A Poem Written in Time of Trouble by an Irish Priest Who Had Taken Orders in France

  My thoughts, my grief! are without
    strength
  My spirit is journeying towards
    death
  My eyes are as a frozen sea
  My tears my daily food;
  There is nothing in life but only misery.
  My poor heart is torn
  And my thoughts are sharp wounds within me,
  Mourning the miserable state of Ireland.
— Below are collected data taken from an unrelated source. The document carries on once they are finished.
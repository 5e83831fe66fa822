-- ===== src/Pwm.antt =====
-- The PWM controller: include/drivers/pwm/pwm_controller.hpp, src/drivers/pwm/pwm_controller.cpp. Its
-- timer, the member `m_timer`, is the timer of a timer's `World`, which holds what that may be
-- attached to.
pub mod Phases
pub mod Output
mod Tests
use embedded_firmware_simula.Prelude.{
  ℕ, ◌+◌, ◌*◌, ◌/◌, ◌%◌, ◌^◌, Bool, true, false, not, ◌||◌, List, [], ◌∷◌, ltb, leb, ◌==◌,
  if◌then◌else◌, Outcome, ok, throws, invalid_argument, runtime_error, require, bit_or, ◌>>=◌, ◌>>◌,
}
use embedded_firmware_simula.Prelude.Bits.{set_bit, clear_bit, test_bit}
use embedded_firmware_simula.Mmio.Register.{Register}
use embedded_firmware_simula.Mmio.Register
use embedded_firmware_simula.Mmio.Bus.{MmioBus, at_offset, register_all, unregister_all}
use embedded_firmware_simula.Timer.{Timer, World}
use embedded_firmware_simula.Timer

pub record Pwm : Type 0 where
  pub base_address : ℕ
  pub system_clock_hz : ℕ
  pub control_register : Register
  pub freq_register : Register
  pub duty_register : Register
  pub status_register : Register
  pub period_ticks : ℕ
  pub on_ticks : ℕ

-- The controller with its timer and what that is attached to.
pub record PwmWorld (T H : Type 0) : Type 0 where
  pub pwm : Pwm
  pub world : World T H

pub data Port : Type 0 where
  control_port freq_port duty_port status_port : Port
  timer_port : Timer.Port → Port

unfoldable pub control_address : ℕ → ℕ
control_address base = at_offset base 0x00

unfoldable pub freq_address : ℕ → ℕ
freq_address base = at_offset base 0x04

unfoldable pub duty_address : ℕ → ℕ
duty_address base = at_offset base 0x08

unfoldable pub status_address : ℕ → ℕ
status_address base = at_offset base 0x0c

-- Where the timer's registers begin.
abbrev timer_base : ℕ → ℕ
timer_base base = at_offset base 0x10

unfoldable pub enabled : Pwm → Bool
unfolding Register.read
enabled p = test_bit (Register.read p.control_register) 0

unfoldable pub frequency : Pwm → ℕ
unfolding Register.read
frequency p = Register.read p.freq_register

unfoldable pub duty_cycle : Pwm → ℕ
unfolding Register.read
duty_cycle p = Register.read p.duty_register

-- `cnt < m_onTicks`, with the counter taken in the period.
abbrev pub is_on : Pwm → Timer → Bool
is_on p t = ltb (if ltb 0 p.period_ticks then Timer.counter t % p.period_ticks else 0) p.on_ticks

unfoldable pub output_state : Pwm → Timer → Bool
output_state p t =
    if not (enabled p)
    then false
    else if duty_cycle p == 0
    then false
    else if duty_cycle p == 100
    then true
    else is_on p t

-- The value that `updateStatusRegister` computes.
abbrev pub status_value : Bool → Bool → ℕ
status_value on output =
    let s0 : ℕ = if on then bit_or 0 1 else 0 in if output then bit_or s0 2 else s0

unfoldable pub update_status_register : Pwm → Timer → Pwm
unfolding Register.write
update_status_register p t = record p {
  status_register = Register.write p.status_register (status_value (enabled p) (output_state p t));
}

-- `m_systemClockHz / freq`, at least 1, for a frequency that is at least 1.
abbrev at_least_one : ℕ → ℕ
at_least_one n = if n == 0 then 1 else n

abbrev pub period_of : ℕ → ℕ → ℕ
period_of clock freq = at_least_one (clock / at_least_one freq)

-- The first part of `updatePeriodAndDuty`.
unfoldable pub with_period : Pwm → Pwm
with_period p =
    let period = period_of p.system_clock_hz (frequency p) in
    record p { period_ticks = period; on_ticks = (period * duty_cycle p) / 100 % 2 ^ 32 }

abbrev created : ℕ → ℕ → ℕ → ℕ → Pwm
created base freq duty clock = record {
  base_address = base;
  system_clock_hz = clock;
  control_register = Register.new (control_address base) 0;
  freq_register = Register.new (freq_address base) freq;
  duty_register = Register.new (duty_address base) duty;
  status_register = Register.new (status_address base) 0;
  period_ticks = 1000;
  on_ticks = 500;
}

abbrev pub entries : {R : Type 0} → (Port → R) → ℕ → List (ℕ × R)
entries ref base =
    (control_address base, ref control_port)
    ∷ (freq_address base, ref freq_port)
    ∷ (duty_address base, ref duty_port)
    ∷ (status_address base, ref status_port)
    ∷ []

abbrev timer_addresses : ℕ → List ℕ
timer_addresses base =
    Timer.ctrl_address base
    ∷ Timer.count_address base
    ∷ Timer.compare_address base
    ∷ Timer.status_address base
    ∷ []

-- `frequencyHz == 0 || frequencyHz > m_systemClockHz`
abbrev pub invalid_frequency : ℕ → ℕ → Bool
invalid_frequency clock freq = freq == 0 || ltb clock freq

-- The checks of the constructor's arguments.
abbrev pub validate : ℕ → ℕ → ℕ → Outcome (Unit {0})
validate freq duty clock = do
  require (not (clock == 0)) invalid_argument
  require (not (invalid_frequency clock freq)) invalid_argument
  require (not (ltb 100 duty)) invalid_argument

-- The rest of the constructor, with the timer made: an exception destroys the timer.
abbrev with_timer :
    {R : Type 0}
    → MmioBus R
    → List (ℕ × R)
    → Pwm
    → Timer
    → Outcome (Unit {0})
    → MmioBus R × Outcome (Pwm × Timer)
with_timer bus ours p t (throws e) = (unregister_all bus (timer_addresses t.base_address), throws e)
with_timer bus ours p t (ok u) =
    let (bus', done) = register_all bus ours in
    if done
    then (bus', ok (update_status_register (with_period p) t, t))
    else (unregister_all bus' (timer_addresses t.base_address), throws runtime_error)

abbrev when_made :
    {R : Type 0}
    → List (ℕ × R)
    → Pwm
    → Outcome (Unit {0})
    → MmioBus R × Outcome Timer
    → MmioBus R × Outcome (Pwm × Timer)
when_made ours p valid (bus, throws e) = (bus, throws e)
when_made ours p valid (bus, ok t) = with_timer bus ours p t valid

-- The constructor. The timer is made first, and takes its registers; its arguments are the base
-- address, the frequency, the duty cycle in per cent and the frequency of the system clock.
unfoldable pub new :
    {R : Type 0} → (Port → R) → MmioBus R → ℕ → ℕ → ℕ → ℕ → MmioBus R × Outcome (Pwm × Timer)
unfolding Register.new
new ref bus base freq duty clock =
    when_made (entries ref base) (created base freq duty clock) (validate freq duty clock)
      (Timer.new (λ p. ref (timer_port p)) bus (timer_base base))

-- `ctrl |= CTRL_ENABLE_BIT` or `ctrl &= ~CTRL_ENABLE_BIT`
abbrev pub switched : Bool → Pwm → Pwm
switched true p = record p {
  control_register =
      Register.write p.control_register (set_bit (Register.read p.control_register) 0);
}
switched false p = record p {
  control_register =
      Register.write p.control_register (clear_bit (Register.read p.control_register) 0);
}

module _ {T H : Type 0} where
  -- The destructor, and then that of the timer.
  unfoldable pub destroy : {R : Type 0} → MmioBus R → PwmWorld T H → MmioBus R × World T H
  destroy bus w =
      Timer.destroy
        (unregister_all bus (
          control_address w.pwm.base_address
          ∷ freq_address w.pwm.base_address
          ∷ duty_address w.pwm.base_address
          ∷ status_address w.pwm.base_address
          ∷ []))
        w.world

  -- `updateStatusRegister()` as the last step of an operation.
  unfoldable pub refresh : PwmWorld T H → PwmWorld T H
  refresh w = record w { pwm = update_status_register w.pwm w.world.timer }

  unfoldable pub disable : PwmWorld T H → PwmWorld T H
  unfolding Register.read Register.write
  disable w = refresh (record { pwm = switched false w.pwm; world = Timer.stop w.world })

  module _ (compare_match : T) where
    unfoldable pub update_period_and_duty : PwmWorld T H → PwmWorld T H
    update_period_and_duty w =
        let p = with_period w.pwm in
        record {
          pwm = p;
          world =
              if enabled p then Timer.set_compare compare_match w.world p.period_ticks else w.world;
        }

    unfoldable pub enable : PwmWorld T H → PwmWorld T H
    unfolding Register.read Register.write
    enable w =
        let auto = record w.world { timer = Timer.set_auto_reset w.world.timer true } in
        refresh (record {
          pwm = switched true w.pwm;
          world =
              Timer.start compare_match (Timer.set_compare compare_match auto w.pwm.period_ticks);
        })

    unfoldable pub set_frequency : PwmWorld T H → ℕ → Outcome (PwmWorld T H)
    unfolding Register.write
    set_frequency w freq = do
      require (not (invalid_frequency w.pwm.system_clock_hz freq)) invalid_argument
      ok (
          refresh (
            update_period_and_duty (record w {
              pwm = record w.pwm { freq_register = Register.write w.pwm.freq_register freq };
            })))

    unfoldable pub set_duty_cycle : PwmWorld T H → ℕ → Outcome (PwmWorld T H)
    unfolding Register.write
    set_duty_cycle w percent = do
      require (not (ltb 100 percent)) invalid_argument
      ok (
          refresh (
            update_period_and_duty (record w {
              pwm = record w.pwm { duty_register = Register.write w.pwm.duty_register percent };
            })))

    -- The end of `tick`, after the timer's tick.
    abbrev pub ticked : Pwm → World T H × Outcome (Unit {0}) → PwmWorld T H × Outcome (Unit {0})
    ticked p (w, throws e) = (record { pwm = p; world = w }, throws e)
    ticked p (w, ok u) = (refresh (record { pwm = p; world = w }), ok tt)

    unfoldable pub tick : PwmWorld T H → PwmWorld T H × Outcome (Unit {0})
    tick w =
        let started =
          if Timer.running w.world.timer then w.world else Timer.start compare_match w.world in
        if enabled w.pwm then ticked w.pwm (Timer.tick started) else (refresh w, ok tt)

    unfoldable pub reset : PwmWorld T H → PwmWorld T H
    unfolding Register.reset
    reset w =
        let off = disable w in
        refresh (
          update_period_and_duty (record {
            pwm = record off.pwm {
              control_register = Register.reset off.pwm.control_register;
              freq_register = Register.reset off.pwm.freq_register;
              duty_register = Register.reset off.pwm.duty_register;
            };
            world = Timer.reset off.world;
          }))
  Misfortune has come upon us all together
  The poor, the rich, the weak and the strong
  The great lord by whom hundreds were main-
    tained
  The powerful strong man, and the man that
    holds the plough;
  And the cross laid on the bare shoulder of every
    man.

  Our feasts are without any voice of priests
  And none at them but women lamenting
  Tearing their hair with troubled minds
  Keening miserably after the Fenians.

  The pipes of our organs are broken
  Our harps have lost their strings that were
    tuned
  That might have made the great lamentations of
    Ireland.
  Until the strong men come back across the sea
  There is no help for us but bitter crying,
  Screams, and beating of hands, and calling out.

  I do not know of anything under the sky
  That is friendly or favourable to the Gael

  But only the sea that our need brings us to,
  Or the wind that blows to the harbour
  The ship that is bearing us away from Ireland;
  And there is reason that these are reconciled
    with us,
  For we increase the sea with our tears
  And the wandering wind with our sighs.